▶ _PROBLEM DESCRIPTION_: Write out every line below that contains "policy".

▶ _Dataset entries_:
-- ===== src/ServiceManager/Registry/Views.antt =====
-- The service list up to what look-ups see of it: a quotient that forgets the order of the nodes
-- and their addresses.
use mathlib.Core.Quot
use mathlib.Core.Quot.{Quot, Quot-set}
use android_source_learn.Prelude.{
  ℕ, ◌≡◌, refl, sym, ◌∙◌, Bool, false, Option, none, some, List, ◌∷◌, if◌then◌else◌, Bool-cases,
  inl, inr, arith,
}
use android_source_learn.ServiceManager.Registry.{
  Svcinfo, Manager, same_name, find_svc, new_svcinfo,
}
use android_source_learn.ServiceManager.Registry.Nodes.{
  same_name_sound, same_name_refl, same_name_comm,
}

-- What is seen of a service: its handle, `allow_isolated` and its priorities.
pub record Shown : Type 0 where
  pub handle : ℕ
  pub allow_isolated : Bool
  pub dumpsys_priority : ℕ

abbrev pub shown : Option Svcinfo → Option Shown
shown none = none
shown (some si) = some (record {
  handle = si.handle;
  allow_isolated = si.allow_isolated;
  dumpsys_priority = si.dumpsys_priority;
})

-- Two lists show the same service under every name.
abbrev pub SameServices : List Svcinfo → List Svcinfo → Type 0
SameServices l l' = (t : List ℕ) → shown (find_svc t l) ≡ shown (find_svc t l')

-- The registry as look-ups see it.
abbrev pub Registry : Type 0
Registry = Quot SameServices

abbrev pub registry_of : Manager → Registry
registry_of m = Quot.mk m.svclist

-- A name with a service keeps its flags.
abbrev pub updated : ℕ → Bool → ℕ → Option Shown → Shown
updated handle allow priority none = record {
  handle = handle;
  allow_isolated = allow;
  dumpsys_priority = priority;
}
updated handle allow priority (some sh) = record sh { handle = handle }

-- A list that shows the registration: a new node in front hides the one behind it.
abbrev pub put_service : List ℕ → ℕ → Bool → ℕ → List Svcinfo → List Svcinfo
put_service s handle allow priority l =
    let sh = updated handle allow priority (shown (find_svc s l)) in
    new_svcinfo 0 s sh.handle sh.allow_isolated sh.dumpsys_priority ∷ l

pub put_service-shown :
    (s t : List ℕ) (handle : ℕ) (allow : Bool) (priority : ℕ) (l : List Svcinfo)
    → shown (find_svc t (put_service s handle allow priority l)) ≡ (
        if same_name s t
        then some (updated handle allow priority (shown (find_svc s l)))
        else shown (find_svc t l))
unfolding find_svc
put_service-shown s t handle allow priority l = elim (Bool-cases (same_name s t)) [
  | inl same ↦ rw (same_name_comm t s ∙ same, same) refl
  | inr other ↦ rw (same_name_comm t s ∙ other, other) refl
]

pub SameServices-put_service :
    (s : List ℕ) (handle : ℕ) (allow : Bool) (priority : ℕ) (l l' : List Svcinfo)
    → SameServices l l'
    → SameServices (put_service s handle allow priority l) (put_service s handle allow priority l')
SameServices-put_service s handle allow priority l l' same t =
    put_service-shown s t handle allow priority l
    ∙ rw (same s, same t) refl
    ∙ sym (put_service-shown s t handle allow priority l')

-- A registration, as look-ups see it.
unfoldable pub publish : List ℕ → ℕ → Bool → ℕ → Registry → Registry
publish s handle allow priority =
    Quot.lift Quot-set (λ l. Quot.mk (put_service s handle allow priority l))
      (λ l l' same. Quot.sound (SameServices-put_service s handle allow priority l l' same))

put_service_twice :
    (s t u : List ℕ) (handle handle' : ℕ) (allow allow' : Bool) (priority priority' : ℕ)
    (l : List Svcinfo)
    → same_name t s ≡ false
    → shown (
        find_svc u (put_service s handle allow priority (put_service t handle' allow' priority' l)))
      ≡ (if same_name s u
          then some (updated handle allow priority (shown (find_svc s l)))
          else if same_name t u
          then some (updated handle' allow' priority' (shown (find_svc t l)))
          else shown (find_svc u l))
put_service_twice s t u handle handle' allow allow' priority priority' l other =
    put_service-shown s u handle allow priority (put_service t handle' allow' priority' l)
    ∙ rw
        (
          put_service-shown t s handle' allow' priority' l,
          put_service-shown t u handle' allow' priority' l,
          other,
        )
        refl

put_service_swapped :
    (s t : List ℕ) (handle handle' : ℕ) (allow allow' : Bool) (priority priority' : ℕ)
    (l : List Svcinfo)
    → same_name s t ≡ false
    → SameServices
        (put_service s handle allow priority (put_service t handle' allow' priority' l))
        (put_service t handle' allow' priority' (put_service s handle allow priority l))
put_service_swapped s t handle handle' allow allow' priority priority' l other u =
    put_service_twice s t u handle handle' allow allow' priority priority' l
      (same_name_comm t s ∙ other)
    ∙ chosen
    ∙ sym (put_service_twice t s u handle' handle allow' allow priority' priority l other)
  where
    chosen :
        (if same_name s u
          then some (updated handle allow priority (shown (find_svc s l)))
          else if same_name t u
          then some (updated handle' allow' priority' (shown (find_svc t l)))
          else shown (find_svc u l))
        ≡ (if same_name t u
            then some (updated handle' allow' priority' (shown (find_svc t l)))
            else if same_name s u
            then some (updated handle allow priority (shown (find_svc s l)))
            else shown (find_svc u l))
    chosen = ground (arith, same_name_sound s u, same_name_sound t u, same_name_refl u, other)

-- Registrations of different names can be exchanged.
pub publish_comm :
    (s t : List ℕ) (handle handle' : ℕ) (allow allow' : Bool) (priority priority' : ℕ)
    (r : Registry)
    → same_name s t ≡ false
    → publish s handle allow priority (publish t handle' allow' priority' r)
      ≡ publish t handle' allow' priority' (publish s handle allow priority r)
unfolding publish
publish_comm s t handle handle' allow allow' priority priority' r other =
    Quot.ind
      (λ r'.
        Quot-set (publish s handle allow priority (publish t handle' allow' priority' r'))
          (publish t handle' allow' priority' (publish s handle allow priority r')))
      (λ l.
        Quot.sound (put_service_swapped s t handle handle' allow allow' priority priority' l other))
      r

pub Shown-set : IsSet (Option Shown)
Shown-set = hlevel

-- The service under a name.
unfoldable pub look_up : List ℕ → Registry → Option Shown
look_up t = Quot.lift Shown-set (λ l. shown (find_svc t l)) (λ l l' same. same t)
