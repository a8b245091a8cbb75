-- ===== src/ServiceManager/Registry/Commuting.antt =====
-- Registrations as the look-ups see them, and the order in which they are made.
use mathlib.Core.Quot
use mathlib.Core.Quot.{Quot, Quot-set}
use android_source_learn.Prelude.{
  not, ◌&&◌, ◌==◌, ℕ, ◌≡◌, refl, sym, ◌∙◌, ap, Bool, false, Option, none, some, List, ◌∷◌,
  if◌then◌else◌, Bool-cases, Option-cases, inl, inr,
}
use android_source_learn.Prelude.Int.{pos}
use android_source_learn.ServiceManager.Access.{System, is_isolated, svc_can_find}
use android_source_learn.ServiceManager.Registry.{
  Svcinfo, Manager, same_name, find_svc, override, new_svcinfo, do_find_service, do_add_service,
}
use android_source_learn.ServiceManager.Registry.Nodes.{Distinct, same_name_comm}
use android_source_learn.ServiceManager.Registry.Lookup.{IsFresh, find_svc-override}
use android_source_learn.ServiceManager.Registry.Add.{
  enter_cases, do_add_service-Accepted, do_add_service-handle_of,
}
use android_source_learn.ServiceManager.Registry.Views.{
  shown, updated, SameServices, registry_of, put_service, put_service-shown, publish, publish_comm,
  Shown, look_up,
}

-- What an override and a new node show.
override-shown :
    (s t : List ℕ) (handle : ℕ) (allow : Bool) (priority : ℕ) (m : Manager) (si : Svcinfo)
    → Distinct m.svclist
    → find_svc s m.svclist ≡ some si
    → shown (find_svc t (override handle si m).svclist) ≡ (
        if same_name s t
        then some (updated handle allow priority (shown (find_svc s m.svclist)))
        else shown (find_svc t m.svclist))
override-shown s t handle allow priority m si d e = elim (Bool-cases (same_name s t)) [
  | inl same ↦ rw (find_svc-override s t handle m si d e, same, e) refl
  | inr other ↦ rw (find_svc-override s t handle m si d e, other) refl
]

new_svcinfo-shown :
    (p : ℕ) (s t : List ℕ) (handle : ℕ) (allow : Bool) (priority : ℕ) (l : List Svcinfo)
    → find_svc s l ≡ none
    → shown (find_svc t (new_svcinfo p s handle allow priority ∷ l)) ≡ (
        if same_name s t
        then some (updated handle allow priority (shown (find_svc s l)))
        else shown (find_svc t l))
unfolding find_svc
new_svcinfo-shown p s t handle allow priority l e = elim (Bool-cases (same_name s t)) [
  | inl same ↦ rw (same_name_comm t s ∙ same, same, e) refl
  | inr other ↦ rw (same_name_comm t s ∙ other, other) refl
]

-- A registration that returns 0 does to the view what `publish` does.
pub do_add_service-publish :
    (sys : System) (fresh : Option ℕ) (s : List ℕ) (handle uid : ℕ) (allow : Bool)
    (priority spid sid : ℕ) (m m' : Manager)
    → Distinct m.svclist
    → do_add_service sys fresh s handle uid allow priority spid sid m ≡ some (m', pos 0)
    → registry_of m' ≡ publish s handle allow priority (registry_of m)
unfolding publish
do_add_service-publish sys fresh s handle uid allow priority spid sid m m' d h =
    let a = do_add_service-Accepted sys fresh s handle uid allow priority spid sid m m' h in
    let entered : SameServices a.entered.svclist (put_service s handle allow priority m.svclist) =
      enter_cases (λ _ n. SameServices n.svclist (put_service s handle allow priority m.svclist))
        fresh s handle allow priority m a.at a.entered a.enter_eq
        (λ si e t.
          override-shown s t handle allow priority m si d e
          ∙ sym (put_service-shown s t handle allow priority m.svclist))
        (λ q e g t.
          new_svcinfo-shown q s t handle allow priority m.svclist e
          ∙ sym (put_service-shown s t handle allow priority m.svclist)) in
    rw a.result (Quot.sound entered)

-- Four registrations that return 0: of `s` and then `t`, and of `t` and then `s`, where the names
-- differ. Both ways the registries are the same to every look-up: whatever addresses the nodes have
-- and in whatever order they are, every name has the same handle and the same flags.
pub do_add_service_comm :
    (sys : System) (p q p' q' : Option ℕ) (s t : List ℕ) (handle handle' uid uid' : ℕ)
    (allow allow' : Bool) (priority priority' spid spid' sid sid' : ℕ) (m m1 m12 m2 m21 : Manager)
    → Distinct m.svclist
    → IsFresh p m.svclist
    → IsFresh q m.svclist
    → same_name s t ≡ false
    → do_add_service sys p s handle uid allow priority spid sid m ≡ some (m1, pos 0)
    → do_add_service sys p' t handle' uid' allow' priority' spid' sid' m1 ≡ some (m12, pos 0)
    → do_add_service sys q t handle' uid' allow' priority' spid' sid' m ≡ some (m2, pos 0)
    → do_add_service sys q' s handle uid allow priority spid sid m2 ≡ some (m21, pos 0)
    → registry_of m12 ≡ registry_of m21
do_add_service_comm sys p q p' q' s t handle handle' uid uid' allow allow' priority priority' spid
      spid' sid sid' m m1 m12 m2 m21 d f g other first second first' second' =
    let d1 =
      (do_add_service-handle_of sys p s handle uid allow priority spid sid m m1 d f first).0 in
    let d2 =
      (do_add_service-handle_of sys q t handle' uid' allow' priority' spid' sid' m m2 d g
        first').0 in
    do_add_service-publish sys p' t handle' uid' allow' priority' spid' sid' m1 m12 d1 second
    ∙ ap (publish t handle' allow' priority')
        (do_add_service-publish sys p s handle uid allow priority spid sid m m1 d first)
    ∙ sym (publish_comm s t handle handle' allow allow' priority priority' (registry_of m) other)
    ∙ sym (
        do_add_service-publish sys q' s handle uid allow priority spid sid m2 m21 d2 second'
        ∙ ap (publish s handle allow priority)
            (do_add_service-publish sys q t handle' uid' allow' priority' spid' sid' m m2 d first'))

-- What a look-up answers, by what is seen of the service.
abbrev answered : System → Option ℕ → List ℕ → (uid spid sid : ℕ) → Option Shown → Option ℕ
answered sys sehandle s uid spid sid none = some 0
answered sys sehandle s uid spid sid (some sh) =
    if sh.handle == 0
    then some 0
    else if not sh.allow_isolated && is_isolated sys uid
    then some 0
    else elim (svc_can_find sys sehandle s spid sid uid) [
      | none ↦ none
      | some allowed ↦ some (if allowed then sh.handle else 0)
    ]

do_find_service-answered :
    (sys : System) (s : List ℕ) (uid spid sid : ℕ) (m : Manager)
    → do_find_service sys s uid spid sid m
      ≡ answered sys m.sehandle s uid spid sid (look_up s (registry_of m))
unfolding do_find_service look_up
do_find_service-answered sys s uid spid sid m = elim (Option-cases (find_svc s m.svclist)) [
  | inl missing ↦ rw (missing, do_find_service) refl
  | inr (si, found) ↦ rw (found, do_find_service) refl
]

-- Managers with the same registry and the same service contexts answer every look-up alike.
pub do_find_service-registry_of :
    (sys : System) (s : List ℕ) (uid spid sid : ℕ) (m m' : Manager)
    → registry_of m ≡ registry_of m'
    → m.sehandle ≡ m'.sehandle
    → do_find_service sys s uid spid sid m ≡ do_find_service sys s uid spid sid m'
do_find_service-registry_of sys s uid spid sid m m' same contexts =
    do_find_service-answered sys s uid spid sid m
    ∙ rw (same, contexts) refl
    ∙ sym (do_find_service-answered sys s uid spid sid m')
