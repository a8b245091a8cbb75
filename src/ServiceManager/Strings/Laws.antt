-- ===== src/ServiceManager/Strings/Laws.antt =====
-- What the string helpers compute.
use android_source_learn.Prelude.{
  ℕ, zero, suc, ◌%◌, ◌≤◌, ◌<◌, ◌≡◌, refl, ap, ◌↔◌, true, List, [], ◌∷◌, map, length, take, ◌==◌,
  ltb, if◌then◌else◌, Bool-cases, inl, inr, arith,
}
use android_source_learn.Bio.{c_string}
use android_source_learn.ServiceManager.Strings.{str8_loop, str8, str16eq}

abbrev pub low_byte : ℕ → ℕ
low_byte c = c % 256

str8_loop-eq : (max : ℕ) (x : List ℕ) → str8_loop max x ≡ map low_byte (take max (c_string x))
unfolding str8_loop c_string
str8_loop-eq zero x = refl
str8_loop-eq (suc max) [] = refl
str8_loop-eq (suc max) (c ∷ x) = elim (Bool-cases (c == 0)) [
  | inl stop ↦ rw stop
  | inr more ↦ rw more (ap (λ r. c % 256 ∷ r) (str8_loop-eq max x))
]

length-str8_loop : (max : ℕ) (x : List ℕ) → length (str8_loop max x) ≤ max
unfolding str8_loop
length-str8_loop zero x = omega arith
length-str8_loop (suc max) [] = omega arith
length-str8_loop (suc max) (c ∷ x) = ground (arith, length-str8_loop max x)

-- `str8` keeps the units before the first zero, `x_len` and 127 of them at most, each cut to its
-- lowest byte; so with the terminator it never leaves its buffer of 128 bytes.
pub str8-prefix :
    (x : List ℕ) (x_len : ℕ)
    → (str8 x x_len ≡ map low_byte (take (if ltb x_len 127 then x_len else 127) (c_string x)))
      × (length (str8 x x_len) < 128)
unfolding str8
str8-prefix x x_len = (
  str8_loop-eq (if ltb x_len 127 then x_len else 127) x,
  ground (arith, length-str8_loop (if ltb x_len 127 then x_len else 127) x),
)

-- `str16eq` holds exactly of two strings with the same units before their first zeros.
pub str16eq_iff : (a b : List ℕ) → (str16eq a b ≡ true) ↔ (c_string a ≡ c_string b)
unfolding str16eq c_string
str16eq_iff [] [] = (λ _. refl, λ _. refl)
str16eq_iff [] (d ∷ b) = ground arith
str16eq_iff (c ∷ a) [] = ground arith
str16eq_iff (c ∷ a) (d ∷ b) = ground (arith, str16eq_iff a b)
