-- ===== src/Tests.antt =====
-- Runs of the model at concrete inputs, with the concrete surroundings that they share.
pub mod World
mod Parcels
mod Services
mod Requests
mod Driver
mod Hello
mod Exchanges
mod Manager
mod Deliveries
mod Greetings
mod Greeted
mod Programs
mod Proxies
mod Clients
mod Registering
mod Finding
mod Publication
mod Listing
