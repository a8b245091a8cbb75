-- ===== src/Tests/World.antt =====
-- Concrete surroundings: a layout with the numbers of a 64-bit kernel, a policy that admits every
-- caller below the application uids, and a memory that holds zeros.
use android_source_learn.Prelude.{ℕ, ◌+◌, ◌%◌, true, false, none, some, List, [], ◌∷◌, arith}
use android_source_learn.Memory.{Memory, load}
use android_source_learn.Abi.{Abi, TransactionData, TransactionSecctx, IsObjectLayout}
use android_source_learn.Bio.{BinderIo, Parcel, no_flags}
use android_source_learn.ServiceManager.Access.{System}
use android_source_learn.ServiceManager.Registry.{Svcinfo, Manager}
use android_source_learn.ServiceManager.Handler.{Answers}
use android_source_learn.Binder.Parse.Stream.{
  Count, increfs, acquire, release, decrefs, count_code, Unlike, empty_codes,
}

abbrev pub zeros : Memory
zeros q = 0

-- The words of the transaction lie one after another, eight bytes each.
abbrev pub read_words : Memory → ℕ → TransactionData
read_words m p = record {
  target = load 8 m p;
  code = load 8 m (p + 8);
  flags = load 8 m (p + 16);
  sender_pid = load 8 m (p + 24);
  sender_euid = load 8 m (p + 32);
  data_size = load 8 m (p + 40);
  offsets_size = load 8 m (p + 48);
  buffer = load 8 m (p + 56);
  offsets = load 8 m (p + 64);
}

abbrev pub kernel : Abi
kernel = record {
  sizeof_object = 24;
  type_at = 0;
  flags_at = 4;
  handle_at = 8;
  cookie_at = 16;
  type_binder = 0x73622a85;
  type_handle = 0x73682a85;
  object_flags = 0x17f;
  br_noop = 0x720c;
  br_transaction_complete = 0x7206;
  br_increfs = 0x7207;
  br_acquire = 0x7208;
  br_release = 0x7209;
  br_decrefs = 0x720a;
  br_transaction_sec_ctx = 0x7202;
  br_transaction = 0x7204;
  br_reply = 0x7203;
  br_dead_binder = 0x720f;
  br_failed_reply = 0x7211;
  br_dead_reply = 0x7205;
  sizeof_ptr_cookie = 16;
  sizeof_txn = 72;
  sizeof_txn_secctx = 80;
  read_txn = read_words;
  read_txn_secctx = λ m p. record { transaction_data = read_words m p; secctx = load 8 m (p + 72) };
  tf_one_way = 1;
  tf_status_code = 8;
  protocol_version = 8;
  ping_transaction = 0x5f504e47;
}

pub kernel-IsObjectLayout : IsObjectLayout kernel
kernel-IsObjectLayout = record {
  small = omega arith;
  type_in = omega arith;
  flags_in = omega arith;
  handle_in = omega arith;
  cookie_in = omega arith;
  type_handle_apart = omega arith;
  type_flags_apart = omega arith;
  type_cookie_apart = omega arith;
  flags_handle_apart = omega arith;
  handle_cookie_apart = omega arith;
  binder_word = omega arith;
  handle_word = omega arith;
  types_differ = omega arith;
}

abbrev pub policy : System
policy = record {
  getpidcon = λ pid. some pid;
  selabel_lookup = λ handle name. some 77;
  selinux_check_access = λ sid tctx perm ad. true;
  service_manager_context = 76;
  multiuser_get_app_id = λ uid. uid % 100000;
  aid_app = 10000;
  aid_user = 100000;
  aid_isolated_start = 99000;
  aid_isolated_end = 99999;
}

-- "hello"
abbrev pub hello : List ℕ
hello = b'h' ∷ b'e' ∷ b'l' ∷ b'l' ∷ b'o' ∷ []

-- The service "hello" in the node at 4096, under the handle 7.
abbrev pub hello_node : Svcinfo
hello_node = record {
  self = 4096;
  handle = 7;
  allow_isolated = true;
  dumpsys_priority = 1;
  name = hello;
}

abbrev pub one_service : Manager
one_service = record { svclist = hello_node ∷ []; sehandle = some 5; written = [] }

abbrev pub no_service : Manager
no_service = record { svclist = []; sehandle = some 5; written = [] }

abbrev pub quiet : Answers
quiet = record { fresh = some 8192; status_updated = false; new_sehandle = none }

-- A transaction for the manager with a given code, from the process 40 of the user 1000.
abbrev pub request : ℕ → TransactionSecctx
request code = record {
  transaction_data = record {
    target = 0;
    code = code;
    flags = 0;
    sender_pid = 40;
    sender_euid = 1000;
    data_size = 100;
    offsets_size = 0;
    buffer = 1000;
    offsets = 2000;
  };
  secctx = 9;
}

-- A reader of `n` bytes from `start`.
abbrev pub reader_at : (start n : ℕ) → BinderIo
reader_at start n = record {
  cursor = start;
  offs = 0;
  data_avail = n;
  offs_avail = 0;
  data0 = start;
  offs0 = 0;
  flags = no_flags;
}

abbrev pub parcel_at : (start n : ℕ) → Memory → Parcel
parcel_at start n mem = record { io = reader_at start n; mem = mem }

pub count_code-Unlike : (c : Count) → Unlike (count_code kernel c) (empty_codes kernel)
count_code-Unlike increfs = (omega arith, (omega arith, tt))
count_code-Unlike acquire = (omega arith, (omega arith, tt))
count_code-Unlike release = (omega arith, (omega arith, tt))
count_code-Unlike decrefs = (omega arith, (omega arith, tt))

▶ _ANSWER TO THIS TASK_:
-- Concrete surroundings: a layout with the numbers of a 64-bit kernel, a policy that admits every
abbrev pub policy : System
policy = record {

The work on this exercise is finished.